Le public de la 2e chaine nationale, 2M, a rendez-vous ce soir avec la nouvelle émission «Wash Hna Houma Hna». «Il s’agit d’une expérience sociale où on crée de fausses situations pour engendrer des tensions et voir comment réagissent les gens», explique Driss Bennani, producteur de l’émission. «Wash Hna Houma Hna» comprend également des analyses faites par des sociologues, psychologues et autres spécialistes. Dans chaque épisode, un «grand témoin» qui a déjà vécu une situation semblable raconte son histoire et apporte sa vision des choses. «Wash Hna Houma Hna» veut mettre les Marocains devant le miroir des valeurs et de la morale. Durant 52 minutes, on peut voir comment certaines personnes réagissent face à des situations de racisme, hogra, civisme, pédophilie, harcèlement, exploitation des petites bonnes, triche…

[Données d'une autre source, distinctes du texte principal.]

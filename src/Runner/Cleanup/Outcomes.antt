-- ===== src/Runner/Cleanup/Outcomes.antt =====
-- What `lmapd_cleanup` makes of failures and of suppressions.
use mathlib.Core.List.{map-append}
use simet_lmapd.Base.{
  ℕ, ◌≡◌, refl, ◌≢◌, true, false, not, List, [], ◌∷◌, ◌++◌, all, arith, Bool-cases, inl, inr, ap,
  ◌∙◌, ◌==◌, map,
}
use simet_lmapd.Base.Int.{ℤ}
use simet_lmapd.Model.{Action, Schedule, Lmap, enabled, running, suppressed, is_running}
use simet_lmapd.Runner.{Effect, Io, schedule_clean}
use simet_lmapd.Runner.Cleanup.{
  Status, complete_action, finish_action, is_zero, any_running, any_succeeded, settled,
  settle_schedule, reap_actions, exec_next, flush_actions, is_sequential, has_pid, reap_schedules,
}

any_succeeded-append :
    (xs ys : List Action) (a : Action)
    → is_zero a.last_status ≡ true
    → any_succeeded (xs ++ a ∷ ys) ≡ true
unfolding any_succeeded
any_succeeded-append [] ys a h = rw h refl
any_succeeded-append (x ∷ xs) ys a h = ground (arith, any_succeeded-append xs ys a h)

-- When no action of a schedule runs any more, one action whose last status is 0 (wherever it stands,
-- and so also one that has never run) is enough for the run not to be counted as a failure and for
-- the queue of the schedule to be cleaned, whatever the other actions returned.
pub failure_masked :
    (lmap : Lmap) (s : Schedule) (xs ys : List Action) (a : Action) (io : Io)
    → is_zero a.last_status ≡ true
    → any_running (xs ++ a ∷ ys) ≡ false
    → let (s', io') = settle_schedule lmap s (xs ++ a ∷ ys) io in
      (s'.cnt_failures ≡ s.cnt_failures)
      × ((rest : List Effect) × (io'.trace ≡ schedule_clean s.name ∷ rest))
unfolding settle_schedule
failure_masked lmap s xs ys a io h over =
    rw (any_succeeded-append xs ys a h, over, settle_schedule) (refl, (_, refl))

-- Which of the actions ended, where the schedule goes on to no other.
reap_actions-at :
    (lmap : Lmap) (now : ℤ) (pid : ℕ) (status : Status) (s : Schedule) (xs ys : List Action)
    (a : Action) (io : Io)
    → is_sequential s.mode ≡ false
    → has_pid pid xs ≡ false
    → a.pid ≡ pid
    → reap_actions lmap now pid status s (xs ++ a ∷ ys) io
      ≡ (let (b, io1) = finish_action lmap now status s a io in (xs ++ b ∷ ys, io1))
unfolding reap_actions exec_next has_pid
reap_actions-at lmap now pid status s [] ys a io mode fresh same =
    rw (hit, stays ys, reap_actions) refl
  where
    hit : (a.pid == pid) ≡ true
    hit = ground arith

    stays :
        (zs : List Action)
        → exec_next lmap now s zs (finish_action lmap now status s a io).1
          ≡ (zs, (finish_action lmap now status s a io).1)
    stays [] = refl
    stays (z ∷ zs) = rw (mode, exec_next) refl
reap_actions-at lmap now pid status s (x ∷ xs) ys a io mode fresh same =
    rw (other, reap_actions-at lmap now pid status s xs ys a io mode unknown same, reap_actions)
      refl
  where
    other : (x.pid == pid) ≡ false
    other = ground arith

    unknown : has_pid pid xs ≡ false
    unknown = ground arith

has_pid-at :
    (pid : ℕ) (xs ys : List Action) (a : Action) → a.pid ≡ pid → has_pid pid (xs ++ a ∷ ys) ≡ true
unfolding has_pid
has_pid-at pid [] ys a h = ground arith
has_pid-at pid (x ∷ xs) ys a h = ground (arith, has_pid-at pid xs ys a h)

any_running-at :
    (xs ys : List Action) (a : Action)
    → any_running (xs ++ ys) ≡ false
    → is_running a.state ≡ false
    → any_running (xs ++ a ∷ ys) ≡ false
unfolding any_running
any_running-at [] ys a h k = ground arith
any_running-at (x ∷ xs) ys a h k = ground (arith, any_running-at xs ys a (ground arith) k)

-- No deferred move is left to do.
abbrev pub flushed : Action → Action
flushed a = record a { move_deferred = false }

flush_actions-flushed :
    (lmap : Lmap) (s : Schedule) (as_ : List Action) (io : Io)
    → (flush_actions lmap s as_ io).0 ≡ map flushed as_
unfolding flush_actions
flush_actions-flushed lmap s [] io = refl
flush_actions-flushed lmap s (a ∷ as_) io =
    ap (λ t. flushed a ∷ t) (flush_actions-flushed lmap s as_ _)

settle-suppressed :
    (lmap : Lmap) (s : Schedule) (as_ : List Action) (io : Io)
    → s.state ≡ running
    → s.cnt_active_suppressions ≢ 0
    → any_running as_ ≡ false
    → ((settle_schedule lmap s as_ io).0.state ≡ suppressed)
      × ((settle_schedule lmap s as_ io).0.actions ≡ map flushed as_)
unfolding settle_schedule settled
settle-suppressed lmap s as_ io on held over = (
  ground arith,
  elim (Bool-cases (any_succeeded as_)) [
    | inl good ↦ rw (over, good, settle_schedule) (flush_actions-flushed lmap s as_ io)
    | inr bad ↦ rw (over, bad, settle_schedule) (flush_actions-flushed lmap s as_ io)
  ],
)

-- When a child ends whose action is the first with its pid, in the first schedule with such an action, a
-- running one that is not sequential, nothing else of which runs and which a suppression holds: the
-- schedule is left suppressed, but that action is left enabled, without a process, and with its counter
-- of active suppressions unchanged, whatever that is; the other actions keep all but a deferred move.
pub suppression_lost :
    (lmap : Lmap) (now : ℤ) (pid : ℕ) (status : Status) (s : Schedule) (ss : List Schedule)
    (xs ys : List Action) (a : Action) (io : Io)
    → s.actions ≡ xs ++ a ∷ ys
    → a.pid ≡ pid
    → has_pid pid xs ≡ false
    → is_sequential s.mode ≡ false
    → s.state ≡ running
    → any_running (xs ++ ys) ≡ false
    → s.cnt_active_suppressions ≢ 0
    → (t : Schedule) × (b : Action) × ((reap_schedules lmap now pid status (s ∷ ss) io).0 ≡ t ∷ ss)
      × (t.state ≡ suppressed)
      × (t.actions ≡ map flushed xs ++ b ∷ map flushed ys)
      × (b.state ≡ enabled)
      × (b.pid ≡ 0)
      × (b.cnt_active_suppressions ≡ a.cnt_active_suppressions)
unfolding reap_schedules finish_action complete_action
suppression_lost lmap now pid status s ss xs ys a io parts same fresh mode on alone held = (
  t,
  flushed b,
  rw (hit, reaped, reap_schedules) refl,
  left.0,
  left.1 ∙ map-append flushed xs (b ∷ ys),
  fields.0,
  fields.1,
  fields.2,
)
  where
    hit : has_pid pid s.actions ≡ true
    hit = ap (has_pid pid) parts ∙ has_pid-at pid xs ys a same

    reaped :
        reap_actions lmap now pid status s s.actions io
        ≡ (let (b, io1) = finish_action lmap now status s a io in (xs ++ b ∷ ys, io1))
    reaped =
        ap (λ as_. reap_actions lmap now pid status s as_ io) parts
        ∙ reap_actions-at lmap now pid status s xs ys a io mode fresh same

    b : Action
    b = (finish_action lmap now status s a io).0

    t : Schedule
    t = (settle_schedule lmap s (xs ++ b ∷ ys) (finish_action lmap now status s a io).1).0

    fields :
        (b.state ≡ enabled) × (b.pid ≡ 0) × (b.cnt_active_suppressions ≡ a.cnt_active_suppressions)
    fields = ground arith

    left : (t.state ≡ suppressed) × (t.actions ≡ map flushed (xs ++ b ∷ ys))
    left =
        settle-suppressed lmap s (xs ++ b ∷ ys) _ on held
          (any_running-at xs ys b alone (ground (arith, fields.0)))

-- A process that no action has is ignored: no schedule changes, and no call is made.
pub unknown_pid_ignored :
    (lmap : Lmap) (now : ℤ) (pid : ℕ) (status : Status) (ss : List Schedule) (io : Io)
    → all (λ s. not (has_pid pid s.actions)) ss ≡ true
    → reap_schedules lmap now pid status ss io ≡ (ss, io)
unfolding reap_schedules
unknown_pid_ignored lmap now pid status [] io h = refl
unknown_pid_ignored lmap now pid status (s ∷ ss) io h = elim (Bool-cases (has_pid pid s.actions)) [
  | inl hit ↦ cc (rw hit at h)
  | inr miss ↦
      let later = unknown_pid_ignored lmap now pid status ss io (ground arith) in
      rw (miss, reap_schedules, later) refl
]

Pour avoir des réactions naturelles et authentiques, l’équipe de l’émission utilise une vraie caméra cachée. Malgré son lourd dispositif, elle s’est dissimulée dans les rues de Casablanca. Que ce soit dans les quartiers huppés ou populaires, le staff de «Wash Hna Houma Hna» a cherché l’endroit propice pour évoquer des sujets chauds, tabous et importants pour les Marocains. L’approche a été faite avec honnêteté, humilité et avec un grand sens du respect et de la proximité, selon Driss Bennani. Pour lui, l’émission a pour objectif de provoquer le débat dans les foyers marocains autour de sujets sensibles. «Chaque matin, nous partions avec des tonnes d'a priori pour revenir avec plus de questions que de réponses. Parce qu'au final, “Wash Han Houma Hna” ne prétend pas apporter de vérités. C'est une émission qui nous propose de nous regarder dans le miroir, sans fards et sans artifices et de nous poser la question “comment j’aurais réagi ?”», précise-t-il. 

Lors des longues semaines de tournage, l'équipe est passée par tous les états d'âme : larmes, crises d’hystérie, coups… «Les réactions des Marocains à nos situations nous ont émus, réconfortés, déçus, mis en colère, étonnés…» Selon Driss Bennani, la majorité des Marocains ont refusé les formes d’injustice. La plupart des personnes concernées ont donné leur autorisation de diffusion même quand elles ont mal réagi. D’après le producteur de l’émission, ce concept télévisé s’impose à cause du changement de notre société et des nouvelles questions qui se posent sur notre identité. Après des semaines de confrontation avec plusieurs catégories de Marocains et dans diverses situations, Driss Bennani affirme que notre société se cherche, bouge et a une conscience. «Malgré les aspects lumineux ou noirs, il n’y a pas d’indifférence chez les Marocains», conclut-il.